Burghley’s principles of political action, then, were quite remote from those of Machiavelli and Thomas Cromwell, according to which the slightest claim of political expediency outweighed the entire moral code, and ethical considerations were reduced at the best to a sentiment which under certain circumstances it might be expedient to humour. His principles were equally remote from those of Somerset, which ignored the fact that no ends, however noble, can be achieved by disregarding hard facts. He insisted on upholding a moral standard in policy, and maintained a moral standard in his personal political relations. Admitting the principle salus populi suprema lex, he allowed that supreme necessity might over-ride the moral law, but there were few of his contemporaries who were not very much readier than he to recognise such an exigency on slight provocation. On the other hand, while his personal standard was so high that even his bitterest foes among the Spanish ambassadors acknowledged it with abusive candour, his normal political standard was that of his times.
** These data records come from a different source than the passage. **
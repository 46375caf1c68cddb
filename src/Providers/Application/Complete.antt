-- ===== src/Providers/Application/Complete.antt =====
-- What is known of an application that has been submitted.
use Prim.Native.String.{String}
use raycarwash_project.Base.{
  ℕ, ◌≡◌, refl, inl, inr, Bool, true, false, not, ◌&&◌, Option, none, some, List, [], ◌∷◌, arith,
  ◌==◌, map, Bool-cases, Option-cases, All, All-update_where, find_where-All, find_where,
  select_where,
}
use raycarwash_project.Store.{Result, ok, err}
use raycarwash_project.Providers.Application.{
  ProviderProfile, ApplicationDb, ActivateRequest, ProfileAudit, get_profile, with_profile, save,
  is_radius, is_detailer, reactivated, given, given_or,
}
use raycarwash_project.Providers.Application.Requests.{
  UpdateRequest, in_range, updated, has_text, is_given, has_number, has_items, required_fields,
  missing, is_draft, application_of,
}
use raycarwash_project.Providers.Application.Decisions.{with_row}
use raycarwash_project.Providers.Application.Steps.{transact}

-- A profile whose application has left the draft has a legal name, a date of birth, the digits of a
-- social security number, a city, a radius, a water tank, a list of services and the consent.
abbrev pub Complete : ProviderProfile → Type 0
Complete p =
    is_draft p.application_status ≡ false
    → (has_text p.legal_full_name ≡ true)
      × (is_given p.date_of_birth ≡ true)
      × (is_given p.ssn_last_4 ≡ true)
      × (is_given p.home_city_code ≡ true)
      × ((p.service_radius_miles == 0) ≡ false)
      × (is_given p.water_tank_gallons ≡ true)
      × (is_given p.services_offered ≡ true)
      × (p.background_check_consent ≡ true)

abbrev pub AllComplete : ApplicationDb → Type 0
AllComplete d = All Complete d.profiles

pub save-Complete :
    (row : ProviderProfile) (line : ProfileAudit) (d : ApplicationDb)
    → Complete row
    → AllComplete d
    → AllComplete (save row line d)
save-Complete row line d good h =
    All-update_where Complete (λ p. p.id == row.id) (λ _. row) d.profiles (λ p v. good) h

-- The profile that get_profile finds is complete.
pub get_profile-Complete :
    (user : ℕ) (p : ProviderProfile) (d : ApplicationDb)
    → get_profile user d ≡ ok (some p)
    → AllComplete d
    → Complete p
get_profile-Complete user p d e h =
    find_where-All (λ x. x.user_id == user && (is_detailer x.provider_type && not x.is_deleted))
      Complete d.profiles p h (ground (arith, e))

-- A handler of a detailer's request keeps complete what it keeps so for the profile found.
pub with_profile-Complete :
    (user : ℕ) (next : ProviderProfile → Result (Unit {0}) × ApplicationDb) (d : ApplicationDb)
    → ((p : ProviderProfile) → Complete p → AllComplete (transact (next p) d))
    → AllComplete d
    → AllComplete (transact (with_profile user next d) d)
with_profile-Complete user next d keeps h = go (get_profile user d) refl
  where
    go :
        (r : Result (Option ProviderProfile))
        → get_profile user d ≡ r
        → AllComplete (transact (with_profile user next d) d)
    go (err x) e = rw (e, with_profile, transact) h
    go (ok none) e = rw (e, with_profile, transact) h
    go (ok (some p)) e = rw (e, with_profile) (keeps p (get_profile-Complete user p d e h))

pub with_row-Complete :
    (id : ℕ) (next : ProviderProfile → Result (Unit {0}) × ApplicationDb) (d : ApplicationDb)
    → ((p : ProviderProfile) → Complete p → AllComplete (transact (next p) d))
    → AllComplete d
    → AllComplete (transact (with_row id next d) d)
with_row-Complete id next d keeps h =
    elim (Option-cases (find_where (λ p. p.id == id) d.profiles)) [
      | inl n ↦ rw (n, with_row, transact) h
      | inr (p, e) ↦
          rw (e, with_row) (keeps p (find_where-All (λ x. x.id == id) Complete d.profiles p h e))
    ]

none_selected :
    {A B : Type 0} (f : A → B) (q : A → Bool) (xs : List A)
    → map f (select_where q xs) ≡ []
    → All (λ x. q x ≡ false) xs
none_selected f q [] h = tt
none_selected f q (x ∷ xs) h = elim (Bool-cases (q x)) [
  | inl e ↦ absurd (ground (arith, rw e at h))
  | inr e ↦ (e, none_selected f q xs (rw e at h))
]

number-given : (n : Option ℕ) → not (has_number n) ≡ false → is_given n ≡ true
number-given none h = absurd (ground (arith, h))
number-given (some n) h = refl

items-given : (xs : Option (List String)) → not (has_items xs) ≡ false → is_given xs ≡ true
items-given none h = absurd (ground (arith, h))
items-given (some xs) h = refl

pub missing-Complete :
    (p : ProviderProfile) (now : ℕ) → missing p ≡ [] → Complete (application_of now p)
unfolding missing
missing-Complete p now h late =
    let (name, (birth, (digits, (city, (radius, (tank, (services, (consent, end)))))))) =
      none_selected (λ (f : Bool × String). f.1) (λ (f : Bool × String). not f.0)
        (required_fields p) h in
    (
      ground (arith, name),
      ground (arith, birth),
      ground (arith, digits),
      ground (arith, city),
      ground (arith, radius),
      number-given p.water_tank_gallons tank,
      items-given p.services_offered services,
      ground (arith, consent),
    )

given-kept :
    {A : Type 0} (value old : Option A) → is_given old ≡ true → is_given (given value old) ≡ true
given-kept none old h = h
given-kept (some v) old h = refl

radius-kept :
    (value : Option ℕ) (old : ℕ)
    → in_range is_radius value ≡ true
    → (old == 0) ≡ false
    → (given_or value old == 0) ≡ false
radius-kept none old valid h = h
radius-kept (some v) old valid h = ground (arith, valid)

pub updated-Complete :
    (body : UpdateRequest) (p : ProviderProfile)
    → in_range is_radius body.service_radius_miles ≡ true
    → Complete p
    → Complete (updated body p)
updated-Complete body p valid h late =
    let (name, birth, digits, city, radius, tank, services, consent) = h late in
    (
      name,
      birth,
      given-kept body.ssn_last_4 p.ssn_last_4 digits,
      given-kept body.home_city_code p.home_city_code city,
      radius-kept body.service_radius_miles p.service_radius_miles valid radius,
      given-kept body.water_tank_gallons p.water_tank_gallons tank,
      given-kept body.services_offered p.services_offered services,
      consent,
    )

pub reactivated-Complete :
    (body : ActivateRequest) (p : ProviderProfile)
    → is_radius body.service_radius_miles ≡ true
    → Complete p
    → Complete (reactivated body p)
reactivated-Complete body p valid h late =
    let (name, birth, digits, city, radius, tank, services, consent) = h late in
    (name, birth, digits, city, ground (arith, valid), tank, services, consent)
We may, perhaps, express it by saying that he had an almost abnormally strong sense of political proprieties but a complete absence of moral fervour.

Intellectually, he lacked imagination, while no statesman was ever endowed with a more imperturbably shrewd common sense, which served as perpetual ballast to counteract the flightiness of his mistress. He worked as assiduously as Philip of Spain himself, but, unlike Philip, he knew when to trust other men, never misplacing his confidence—whereas Philip never trusted any other man an inch further than he could help. Burghley’s extreme caution was due, not to lack of courage or of self-confidence, but to a thorough distrust of all emotional impulses. He weighed, deliberated, decided on the merits of each case as it arose, with careful and safe judgment; but had none of those flashes of intuitive perception which have characterised the most triumphant types of political genius. He ruled, not by magnetism, but by tact. Among statesmen he was of the order of Walpole and Peel, not of Oliver Cromwell and Chatham. He was lacking in creative imagination; but he was, perhaps, the most thoroughly level-headed minister who has ever guided the destinies of England. He cannot be elevated into an object of hero-worship. But he was precisely the type of man of whom his country had most need at the helm in the second half of the sixteenth century; and he served her as perhaps no other man could have done, with unswerving patriotism, sturdy resolution, and infinite devotion to duty.